Kombucha, that tangy-sweet, just-a-little-fizzy fermented tea drink is great stuff—light, refreshing, caffeinated, and full up on probiotics that promote good digestive health. At $5 per 16 oz. bottle, it’s also really freakin’ expensive.
The good news is making your own at home is super simple and super affordable, clocking in at over 90% less expensive than store-bought.
Active time: 30 mins
Total time: ~1 week
For a one-gallon batch of kombucha, you will need:
- 1 Gallon water ($0.00)— Tap is fine unless your area has water with a really high chlorine content, then you may want to go filtered or bottled.
- 1 cup sugar ($0.33) Use real sugar. Do not substitute for stevia, splenda, or even honey.
- 8 Tea bags ($0.34)—These can be flavored tea bags, but they can’t be herbal—we need the real deal for this. Don’t use the fancy tea—since you’re going to ferment this drink for over a week, it’s not worth using the good stuff. I use 6 black tea bags and 2 green tea bags. Experiment to see what you like best.
- 1 SCOBY (Symbiotic Colony of Bacteria and Yeast) ($0.00) —This is where the magic happens. This pancake-looking thing is what will ferment the tea, similar to the yeast added to beer. I got mine from a guy on Craigslist who made a lot of Kombucha and had some to spare. Didn’t get stabbed, but proceed at your own risk. You can also cultivate your own from a bottle of raw kombucha. Shoot me a message if you’re interested in obtaining a leftover SCOBY.
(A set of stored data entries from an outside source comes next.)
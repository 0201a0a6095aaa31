-- ===== src/Activity/Exchanges.antt =====
-- src/activity/mod.rs and src/activity/exchange.rs: requests in flight and recent, and a body that is
-- tracked to its end. A number stands for the `Arc` of a view, which is in flight until its exchange
-- is finished; a view has the fields that the end of a body sets. Times and `text::cut`, as `cut`, are
-- arguments.
pub mod Tracking
pub mod Recent
pub mod Views
mod Tests
use anthroxy.Prelude.{
  ℕ, ◌+◌, ◌%◌, ◌^◌, ◌==◌, Bool, true, false, Option, none, some, List, [], ◌∷◌, ◌++◌, if◌then◌else◌,
  length, drop, Text, ascii,
}
use anthroxy.Json.{Json}
use anthroxy.Anthropic.Usage.{TokenUsage, Scan, nothing_found, UsageScanner, feed_body, finish_body}

pub data Outcome : Type 0 where
  complete failed client_disconnected : Outcome

pub record View : Type 0 where
  pub status : Option ℕ
  pub ttfb_ms : Option ℕ
  pub duration_ms : Option ℕ
  pub bytes : ℕ
  pub usage : Option TokenUsage
  pub stop_reason : Option Text
  pub outcome : Option Outcome
  pub error : Option Text

-- `RECENT`
abbrev pub recent_max : ℕ
recent_max = 200

pub record Activity : Type 0 where
  pub in_flight : List (ℕ × View)
  -- Newest last.
  pub recent : List View

unfoldable pub register : ℕ → View → Activity → Activity
register p v a = record a { in_flight = a.in_flight ++ (p, v) ∷ [] }

unfoldable pub view_of : ℕ → List (ℕ × View) → Option View
view_of p [] = none
view_of p ((q, v) ∷ views) = if q == p then some v else view_of p views

unfoldable pub changed : ℕ → (View → View) → List (ℕ × View) → List (ℕ × View)
changed p change [] = []
changed p change ((q, v) ∷ views) = (q, if q == p then change v else v) ∷ changed p change views

-- `retain`
unfoldable pub without : ℕ → List (ℕ × View) → List (ℕ × View)
without p [] = []
without p ((q, v) ∷ views) = let rest = without p views in if q == p then rest else (q, v) ∷ rest

-- `Exchange::update`
unfoldable pub update : ℕ → (View → View) → Activity → Activity
unfolding changed
update p change a = record a { in_flight = changed p change a.in_flight }

unfoldable pub push_recent : View → List View → List View
push_recent v recent =
    if length recent == recent_max then drop 1 recent ++ v ∷ [] else recent ++ v ∷ []

-- `Activity::complete`
unfoldable pub complete_view : ℕ → Activity → Activity
unfolding view_of without push_recent
complete_view p a = elim (view_of p a.in_flight) [
  | none ↦ a
  | some v ↦ record { in_flight = without p a.in_flight; recent = push_recent v a.recent }
]

-- `Exchange::finish`, once.
unfoldable pub finish : ℕ → Outcome → ℕ → Activity → Activity
unfolding update complete_view
finish p outcome elapsed a =
    complete_view p
      (update p (λ v. record v { outcome = some outcome; duration_ms = some elapsed }) a)

-- `get_or_insert`
abbrev pub or_insert {ℓ} : {A : Type ℓ} → A → Option A → Option A
or_insert a none = some a
or_insert a (some b) = some b

abbrev pub stopped_text : Text
stopped_text = ascii "a stop cut the request before it finished"

-- A request that a stop cut.
unfoldable pub cut_off : View → View
cut_off v = record v { status = or_insert 503 v.status; error = some stopped_text }

-- `Exchange::drop`, of an unfinished one; the flag is the stop's signal.
unfoldable pub drop_exchange : ℕ → Bool → ℕ → Activity → Activity
unfolding finish cut_off
drop_exchange p true elapsed a = finish p failed elapsed (update p cut_off a)
drop_exchange p false elapsed a = finish p client_disconnected elapsed a

-- `Tracked`: the scanner, and the exchange until the body ends.
pub record Tracked : Type 0 where
  pub scanner : Option UsageScanner
  pub exchange : Option ℕ

-- What ends a body: its end, an error, or the drop of a body that goes on.
pub data Ending : Type 0 where
  ended dropped : Ending
  broken : Text → Ending

unfoldable pub chunk_seen : ℕ → ℕ → View → View
chunk_seen elapsed size v = record v {
  ttfb_ms = or_insert elapsed v.ttfb_ms;
  bytes = (v.bytes + size) % 2 ^ 64;
}

module _ (j : Json) (cut : ℕ → Text → Text) where
  -- `Tracked::chunk`
  unfoldable pub chunk_in : ℕ → Text → Tracked × Activity → Tracked × Activity
  unfolding update chunk_seen feed_body
  chunk_in elapsed chunk (t, a) = (
    record t {
      scanner = elim t.scanner [ none ↦ none | some s ↦ some (feed_body j s.body s.found chunk) ];
    },
    elim t.exchange [ none ↦ a | some p ↦ update p (chunk_seen elapsed (length chunk)) a ],
  )

  abbrev pub failure_of : Ending → Scan → Option Text
  failure_of (broken why) scan = some why
  failure_of ended scan = scan.error
  failure_of dropped scan = scan.error

  -- What the scan tells of the body.
  unfoldable pub told : Scan → Option Text → View → View
  told scan failure v = record v {
    usage = elim scan.usage [ none ↦ v.usage | some u ↦ some u ];
    stop_reason = elim scan.stop_reason [ none ↦ none | some reason ↦ some (cut 40 reason) ];
    error = elim failure [ none ↦ v.error | some why ↦ some why ];
  }

  unfoldable pub ends_as : Ending → Option Text → ℕ → Bool → ℕ → Activity → Activity
  unfolding drop_exchange finish
  ends_as dropped failure p stop elapsed a = drop_exchange p stop elapsed a
  ends_as _ (some why) p stop elapsed a = finish p failed elapsed a
  ends_as _ none p stop elapsed a = finish p complete elapsed a

  -- `Tracked::end`
  unfoldable pub end_tracked : Ending → Bool → ℕ → Tracked × Activity → Tracked × Activity
  unfolding ends_as told finish_body
  end_tracked e stop elapsed (t, a) = elim t.exchange [
    | none ↦ (t, a)
    | some p ↦
        let scan : Scan = elim t.scanner [
          | none ↦ nothing_found
          | some s ↦ finish_body j s.body s.found
        ] in
        let failure = failure_of e scan in
        (
          record { scanner = none; exchange = none },
          ends_as e failure p stop elapsed (update p (told scan failure) a),
        )
  ]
- 16 oz. Kombucha (to serve as the “starter tea”)
- Optional: Diced fruit of your choosing. I’ve found strawberry yield delicious results.
- A glass jar. I picked up a 1 gallon sauce jar at Target for about $5. Do not use a vessel made of plastic, metal, or any other material.
1. Add sugar to water and bring to a boil.
2. Remove water from heat and add tea bags.
3. Steep for 5 minutes and discard teabags(longer for a more bitter tea flavor).
4. Allow to cool to room temperature overnight.
5. Clean and sterilize the glass jar with boiling water and vinegar—dish and anti-bacterial soap will kill the SCOBY.
6. Add the starter tea and cooled sweet tea to the jar and carefully place the SCOBY in the tea. It may sink at first, but it will eventually float to the top. Rinse your hands well before handling the SCOBY and steer clear of using any anti-bacterial soap during assembly.
7. Stretch a cheesecloth (or paper towel, or piece of linen, etc.) over the mouth of the jar and secure with a rubber band or piece of string. We want to keep flies out but let the air in.
8. Place in a dark, room-temperature space, such as a cabinet.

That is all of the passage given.